The 'a lifetime parameter specifies that the returned reference will be valid as long as both x and y are valid.

6.6.3 Invalid Code Examples and Lifetime Misunderstandings

Understanding lifetimes can be challenging, especially when dealing with references that might outlive the data they point to. In this section, we'll explore invalid code examples related to lifetimes, explain why they don't compile, and clarify concepts like the use of as_str(), the role of string literals, and how variable scopes affect lifetimes.

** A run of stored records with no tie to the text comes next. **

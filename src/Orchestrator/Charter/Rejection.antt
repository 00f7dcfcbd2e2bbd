-- ===== src/Orchestrator/Charter/Rejection.antt =====
-- Section 4 of the charter: the pull requests that are closed at once.
use talki_llm_admission_sche.Base.{
  ℕ, zero, suc, ◌==◌, leb, ◌&&◌, ◌||◌, Bool, true, false, not, Option, none, List, [], ◌∷◌, map,
  codes, if◌then◌else◌,
}
use talki_llm_admission_sche.Orchestrator.Text.{Text, any_suffix, ends_with, splitlines}
use talki_llm_admission_sche.Orchestrator.Charter.{
  ChangedFile, Reason, secret_in, prod_like_in, check_zone, first_reason, matches_forbidden,
  ◌or_else◌, unless, is_added,
}

-- A regular expression that is a text and then something else.
unfoldable pub after : Text → (Text → Bool) → Text → Bool
after [] f s = f s
after (c ∷ p) f [] = false
after (c ∷ p) f (d ∷ s) = (d == c) && after p f s

-- At least `n` characters of a class.
unfoldable pub run_of : (ℕ → Bool) → ℕ → Text → Bool
run_of p zero s = true
run_of p (suc n) [] = false
run_of p (suc n) (c ∷ s) = p c && run_of p n s

abbrev pub is_digit : ℕ → Bool
is_digit c = leb b'0' c && leb c b'9'

abbrev pub is_upper : ℕ → Bool
is_upper c = leb b'A' c && leb c b'Z'

abbrev pub is_lower : ℕ → Bool
is_lower c = leb b'a' c && leb c b'z'

abbrev pub is_low_hex : ℕ → Bool
is_low_hex c = (leb b'a' c && leb c b'f') || is_digit c

-- SECRET_REGEX, at the head of a text
unfoldable pub secret_at : Text → Bool
unfolding after run_of
secret_at s =
    after (codes "sk-") (run_of is_low_hex 16) s
    || after (codes "ghp_") (run_of (λ c. is_lower c || is_upper c || is_digit c) 20) s
    || after (codes "AKIA") (run_of (λ c. is_upper c || is_digit c) 16) s

unfoldable pub has_secret : Text → Bool
unfolding secret_at any_suffix
has_secret line = any_suffix secret_at line

-- What a regular expression makes of a character outside ASCII: whether it is of the class `\w`, and
-- what IGNORECASE compares it as.
pub record Alphabet : Type 0 where
  pub is_word : ℕ → Bool
  pub fold : ℕ → ℕ

abbrev pub prod_keywords : List Text
prod_keywords = map codes ("prod" ∷ "production" ∷ "live" ∷ "mainnet" ∷ [])

-- `\b`, between a character and the text after it
abbrev pub is_boundary : Alphabet → Bool → Text → Bool
is_boundary ab before [] = before
is_boundary ab before (c ∷ s) = if before then not (ab.is_word c) else ab.is_word c

unfoldable pub keyword_at : Alphabet → Text → Bool → Text → Bool
keyword_at ab [] before s = is_boundary ab before s
keyword_at ab (k ∷ kw) before [] = false
keyword_at ab (k ∷ kw) before (c ∷ s) = (ab.fold c == k) && keyword_at ab kw (ab.is_word c) s

unfoldable pub any_keyword_at : Alphabet → List Text → Bool → Text → Bool
unfolding keyword_at
any_keyword_at ab [] before s = false
any_keyword_at ab (kw ∷ kws) before s =
    (is_boundary ab before s && keyword_at ab kw before s) || any_keyword_at ab kws before s

unfoldable pub prod_from : Alphabet → Bool → Text → Bool
unfolding any_keyword_at
prod_from ab before [] = false
prod_from ab before (c ∷ s) =
    any_keyword_at ab prod_keywords before (c ∷ s) || prod_from ab (ab.is_word c) s

-- `BAD_PROD_KEYWORDS.search(line)`
abbrev pub has_prod_keyword : Alphabet → Text → Bool
has_prod_keyword ab line = prod_from ab false line

-- CONFIG_EXTS
abbrev pub is_config : Text → Bool
is_config name =
    ends_with (codes ".yaml") name
    || ends_with (codes ".yml") name
    || ends_with (codes ".toml") name
    || ends_with (codes ".ini") name
    || ends_with (codes ".env") name

abbrev pub check_secret : Text → Text → Option Reason
check_secret filename line = unless (not (is_added line && has_secret line)) (secret_in filename)

abbrev pub check_secrets : ChangedFile → Option Reason
check_secrets f = first_reason (check_secret f.filename) (splitlines f.patch)

abbrev pub check_prod : Alphabet → Text → Text → Option Reason
check_prod ab filename line =
    unless (not (is_added line && has_prod_keyword ab line)) (prod_like_in filename)

abbrev pub check_config : Alphabet → ChangedFile → Option Reason
check_config ab f = elim (is_config f.filename) [
  | true ↦ first_reason (check_prod ab f.filename) (splitlines f.patch)
  | false ↦ none
]

unfoldable pub check_charter_4 : Alphabet → List ChangedFile → Option Reason
unfolding first_reason matches_forbidden has_secret prod_from
check_charter_4 ab files =
    first_reason check_zone files
    or_else first_reason check_secrets files
    or_else first_reason (check_config ab) files
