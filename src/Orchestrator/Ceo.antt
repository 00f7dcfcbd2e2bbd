-- ===== src/Orchestrator/Ceo.antt =====
-- orchestrator/roles/ceo.py: CEOAgent, which closes, merges or hands on the pull requests of the agents.
pub mod Safety
use talki_llm_admission_sche.Base.{
  ℕ, ◌||◌, Bool, true, false, Option, none, some, List, [], ◌∷◌, String, codes,
}
use talki_llm_admission_sche.Orchestrator.Text.{Text, same_text, occurs_in, any_suffix, starts_with}
use talki_llm_admission_sche.Orchestrator.Labels.{has_label, review_label}
use talki_llm_admission_sche.Orchestrator.Charter.{
  PullRequest, ChangedFile, CheckRun, Reason, is_agent_pr, check_charter_3,
}
use talki_llm_admission_sche.Orchestrator.Charter.Rejection.{Alphabet, check_charter_4}
use talki_llm_admission_sche.Orchestrator.Actions.{
  Action, get_files, get_status, approve_pr, merge_pr, close_pr, comment, add_labels, remove_label,
  log_event, list_open, rejected, merge_blocked, review_required, Failure, github_error, M, pure,
  raise, perform, try_github, try_any, ◌>>=◌, ◌>>◌,
}

pub record OpenPr : Type 0 where
  pub number : ℕ
  pub draft : Bool
  pub pull : PullRequest
  pub labels : List Text

-- GitHub and Python for the agent: which actions fail, by the number of the actions before, the files
-- and the check runs of each pull request, and `lower` on a text.
pub record GitHub : Type 0 where
  pub failure : ℕ → Option Failure
  pub files : ℕ → List ChangedFile
  pub runs : ℕ → List CheckRun
  pub open_prs : List OpenPr
  pub alphabet : Alphabet
  pub lower : Text → Text

-- Whether the branch protection has blocked a merge, by the text of the error.
abbrev pub is_protection : GitHub → Text → Bool
is_protection gh e =
    occurs_in (codes "405") e
    || occurs_in (codes "branch protection") (gh.lower e)
    || occurs_in (codes "approving review") (gh.lower e)

unfoldable pub mark_blocked : GitHub → OpenPr → Text → M (Unit {0})
unfolding has_label
mark_blocked gh pr e = do
  elim (has_label review_label pr.labels) [
    | true ↦ pure tt
    | false ↦ (do
      perform gh.failure (add_labels pr.number (review_label ∷ []))
      perform gh.failure (comment pr.number (merge_blocked e)))
  ]
  perform gh.failure (log_event "merge-blocked")

-- What follows a merge.
unfoldable pub after_merge : GitHub → OpenPr → M (Unit {0})
unfolding has_label
after_merge gh pr = do
  elim (has_label review_label pr.labels) [
    | true ↦ try_github (perform gh.failure (remove_label pr.number review_label)) (λ _. pure tt)
    | false ↦ pure tt
  ]
  perform gh.failure (add_labels pr.number (codes "auto-merged-by-ceo-agent" ∷ []))
  perform gh.failure (log_event "auto-merge")

-- The merge with its handler: whether the pull request is merged.
unfoldable pub try_merge : GitHub → OpenPr → M Bool
unfolding mark_blocked any_suffix starts_with
try_merge gh pr = try_github (perform gh.failure (merge_pr pr.number) >>= λ _. pure true) λ e.
    elim (is_protection gh e) [
      | true ↦ (mark_blocked gh pr e >>= λ _. pure false)
      | false ↦ raise (github_error e)
    ]

unfoldable pub merge : GitHub → OpenPr → M (Unit {0})
unfolding try_merge after_merge
merge gh pr = do
  try_github (perform gh.failure (approve_pr pr.number)) (λ _. pure tt)
  merged ← try_merge gh pr
  elim merged [ true ↦ after_merge gh pr | false ↦ pure tt ]

unfoldable pub hand_on : GitHub → OpenPr → Reason → M (Unit {0})
unfolding has_label
hand_on gh pr reason = elim (has_label review_label pr.labels) [
  | true ↦ pure tt
  | false ↦ (do
    perform gh.failure (add_labels pr.number (review_label ∷ []))
    perform gh.failure (comment pr.number (review_required reason))
    perform gh.failure (log_event "needs-human-review"))
]

unfoldable pub by_charter_3 : GitHub → OpenPr → Option Reason → M (Unit {0})
unfolding merge hand_on
by_charter_3 gh pr none = merge gh pr
by_charter_3 gh pr (some reason) = hand_on gh pr reason

unfoldable pub by_charter_4 : GitHub → OpenPr → Option Reason → M (Unit {0})
unfolding by_charter_3 check_charter_3
by_charter_4 gh pr (some reason) = do
  perform gh.failure (comment pr.number (rejected reason))
  perform gh.failure (close_pr pr.number)
  perform gh.failure (log_event "auto-close")
by_charter_4 gh pr none =
    by_charter_3 gh pr (check_charter_3 pr.pull (gh.files pr.number) (gh.runs pr.number))

unfoldable pub review_checked : GitHub → OpenPr → M (Unit {0})
unfolding by_charter_4 check_charter_4
review_checked gh pr = do
  perform gh.failure (get_files pr.number)
  perform gh.failure (get_status pr.number)
  by_charter_4 gh pr (check_charter_4 gh.alphabet (gh.files pr.number))

-- `_review_pr`
unfoldable pub review_pr : GitHub → OpenPr → M (Unit {0})
unfolding review_checked is_agent_pr
review_pr gh pr = elim pr.draft [
  | true ↦ pure tt
  | false ↦ elim (is_agent_pr pr.pull.login) [ true ↦ review_checked gh pr | false ↦ pure tt ]
]

unfoldable pub review_all : GitHub → List OpenPr → M (Unit {0})
unfolding review_pr
review_all gh [] = pure tt
review_all gh (pr ∷ prs) = do
  try_any (review_pr gh pr) (perform gh.failure (log_event "review-fail"))
  review_all gh prs

-- The list of open pull requests, or nothing if it cannot be had.
unfoldable pub list_prs : GitHub → M (List OpenPr)
list_prs gh =
    try_github (perform gh.failure (list_open 0) >>= λ _. pure gh.open_prs)
      λ _. (perform gh.failure (log_event "heartbeat-fail") >>= λ _. pure [])

-- `heartbeat`, by whether KOLA_CEO_PAUSED is set.
unfoldable pub heartbeat : GitHub → Bool → M (Unit {0})
unfolding list_prs review_all
heartbeat gh paused = elim paused [
  | true ↦ perform gh.failure (log_event "paused")
  | false ↦ (list_prs gh >>= review_all gh)
]
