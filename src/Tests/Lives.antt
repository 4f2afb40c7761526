-- ===== src/Tests/Lives.antt =====
-- Runs of the theorems on the server as a whole: its mailboxes, and the sweeper beside the hub.
use knock.Prelude.{
  ℕ, Distinct, false, ◌≡◌, refl, true, ◌==◌, none, some, List, [], ◌∷◌, codes, eq_bytes, map, All,
  lookup, inl, inr, arith,
}
use knock.Prelude.Int.{eq_int}
use knock.Protocol.Id.{valid_queue_id, decode_hex}
use knock.Protocol.Envelope.{
  Envelope, type_send, type_ack, code_server_error, decoded, parse, new_envelope, struct_text,
}
use knock.Server.Store.Effects
use knock.Server.Channel.Offers.{IsLive, push}
use knock.Server.Hub.Handle.{message_id, incoming}
use knock.Server.Hub.Handle.Send.{sent}
use knock.Server.Store.{
  QueueRow, Faults, checking_keys, has_queue, queue_exists, save_message, delete_message, sweep,
  sweep_messages, sweep_queues, sweep_delivered,
}
use knock.Server.Store.Writes.{In}
use knock.Server.Run.{ok, short_log}
use knock.Server.Channel.{fresh, read_round, send_envelope, encode, offer}
use knock.Server.Hub.State.{Hub, World, QueueState, new_hub}
use knock.Server.Hub.Handle.{handle}
use knock.Server.Hub.Handle.Refusals.{told}
use knock.Server.Hub.Loop.{step, Event, connects, leaves, frame, writes, run}
use knock.Server.Hub.Loop.Durable.{event_acks}
use knock.Server.Mailbox.{Serves, view}
use knock.Server.Mailbox.Refine.{run_refines}
use knock.Server.Life.{turn, Turn, serves, sweeps_orphans, sweeps_stale, sweeps_residue, live}
use knock.Server.Life.Mail.{IsFresh, Spares, live_keeps_message}
use knock.Server.Life.Stale.{swept_hub, sent_to_swept, sent_to_swept_unchecked}
use knock.Tests.{json, returned, calm, noon, queue_a, hello_row, tables, command, row_a}

-- A client comes, sends a message, acknowledges an older one and goes.
abbrev errand : List (World × Event)
errand =
    (noon, connects 7)
    ∷ (noon, frame 7 (decoded (command type_send queue_a (codes "message9"))))
    ∷ (noon, writes 7)
    ∷ (noon, frame 7 (decoded (command type_ack queue_a hello_row.mid)))
    ∷ (noon, leaves 7)
    ∷ []

abbrev back : Hub
back = returned (new_hub tables) (run json errand (new_hub tables))

back_returns : run json errand (new_hub tables) ≡ ok back
unfolding run new_hub read_round eq_int eq_bytes handle valid_queue_id decode_hex lookup
    queue_exists save_message delete_message short_log send_envelope new_envelope encode struct_text
    offer
back_returns = refl

run_refines_example :
    Serves
      (map (λ x. ((x.0).faults checking_keys, event_acks x.1)) errand)
      (view (new_hub tables).store)
      (view back.store)
run_refines_example = run_refines json errand (new_hub tables) back back_returns

-- The client sends, and a sweep runs between its two frames.
abbrev busy_day : List Turn
busy_day =
    serves noon (connects 7)
    ∷ serves noon (frame 7 (decoded (command type_send queue_a (codes "message9"))))
    ∷ sweeps_orphans calm 604900
    ∷ sweeps_stale calm 704901
    ∷ sweeps_residue calm 704901
    ∷ serves noon (leaves 7)
    ∷ []

abbrev by_night : Hub
by_night = returned (new_hub tables) (live json busy_day (new_hub tables))

by_night_returns : live json busy_day (new_hub tables) ≡ ok by_night
unfolding live turn step new_hub read_round eq_int eq_bytes handle valid_queue_id decode_hex lookup
    queue_exists save_message short_log send_envelope new_envelope encode struct_text offer
    sweep_messages sweep_queues sweep_delivered
by_night_returns = refl

spared : All (Spares 100 hello_row) busy_day
unfolding parse eq_int eq_bytes
spared = (
  ((λ e. cc), omega arith),
  (((λ e. cc), omega arith), (omega arith, (tt, (tt, (((λ e. cc), omega arith), tt))))),
)

never_old : All (IsFresh 100 hello_row.qid) tables.queues
never_old = (inr (inr (omega arith)), (inr (inr (omega arith)), tt))

live_keeps_message_example : In hello_row by_night.store.messages
live_keeps_message_example =
    live_keeps_message json 100 hello_row refl busy_day (new_hub tables) by_night spared
      (unfold new_hub in inl refl) (unfold new_hub in never_old) by_night_returns

-- Connection 1 reads both queues; the queue `queue_a` has not been used for longer than a week.
abbrev serving : QueueState
serving = record { owner = none; sub = some 1 }

abbrev attended : Hub
attended = record {
  store = tables;
  clients = λ c. c == 1;
  queues = (queue_a, serving) ∷ [];
  chans = λ _. fresh;
}

valid_a : valid_queue_id queue_a ≡ true
unfolding valid_queue_id decode_hex
valid_a = refl

serving_a : lookup queue_a attended.queues ≡ some serving
unfolding lookup eq_bytes
serving_a = refl

abbrev too_late : Envelope
too_late = command type_send queue_a (codes "message7")

distinct : Distinct (λ (q : QueueRow). q.qid) attended.store.queues
unfolding eq_bytes
distinct = (refl, (refl, tt))

sent_to_swept_example :
    handle json noon 2 too_late (swept_hub calm 604901 attended)
    ≡ ok (
        told json noon 2 too_late
          (swept_hub calm 604901 attended)
          code_server_error
          (codes "storage error"))
sent_to_swept_example =
    sent_to_swept too_late attended row_a calm 604901 distinct (inl refl) refl refl refl refl refl
      json noon 2 serving serving_a refl valid_a refl (record { open_ = refl; fits = omega arith })

open_place : IsLive fresh
open_place = record { open_ = refl; fits = omega arith }

-- The connection to the database does not check foreign keys.
abbrev lax : Faults
lax checking_keys = true
lax _ = false

abbrev lax_noon : World
lax_noon = record noon { faults = lax }

nothing_left : (swept_hub calm 604901 attended).store.messages ≡ []
unfolding sweep eq_bytes
nothing_left = refl

mid_7 : message_id lax_noon too_late ≡ codes "message7"
unfolding message_id eq_bytes
mid_7 = refl

sent_to_swept_unchecked_example :
    (has_queue queue_a (swept_hub calm 604901 attended).store.queues ≡ false)
    × (g : Hub) × (handle json lax_noon 2 too_late (swept_hub calm 604901 attended) ≡ ok g)
    × In
        (Effects.row (incoming lax_noon queue_a (message_id lax_noon too_late) too_late))
        g.store.messages
    × ((d : ℕ) → g.chans d ≡ push (sent json lax_noon 2 too_late serving d) (attended.chans d))
sent_to_swept_unchecked_example =
    sent_to_swept_unchecked too_late attended row_a calm 604901 distinct (inl refl) refl refl refl
      refl refl json lax_noon 2 serving serving_a refl valid_a refl refl (rw nothing_left)
      (rw mid_7 (omega arith)) (record { live = open_place; fits = λ d. omega arith }) open_place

Example: Missing Lifetime Annotations

Consider the following function that returns a reference to a string slice:

#![allow(unused)]
fn main() {
fn longest(x: &str, y: &str) -> &str {
    if x.len() > y.len() { x } else { y }
}
}

When you try to compile this code, you'll encounter a compiler error:

Click to see the error message and explanation 
error[E0106]: missing lifetime specifier
 --> src/main.rs:1:33
  |
1 | fn longest(x: &str, y: &str) -> &str {
  |                                 ^ expected lifetime parameter
  |
  = help: this function's return type contains a borrowed value, but there is no value for it to be borrowed from
  = help: consider giving it a 'static lifetime

Explanation:

  • The compiler cannot determine the lifetime of the reference being returned.
  • Since x and y could have different lifetimes, Rust requires explicit lifetime annotations to ensure safety.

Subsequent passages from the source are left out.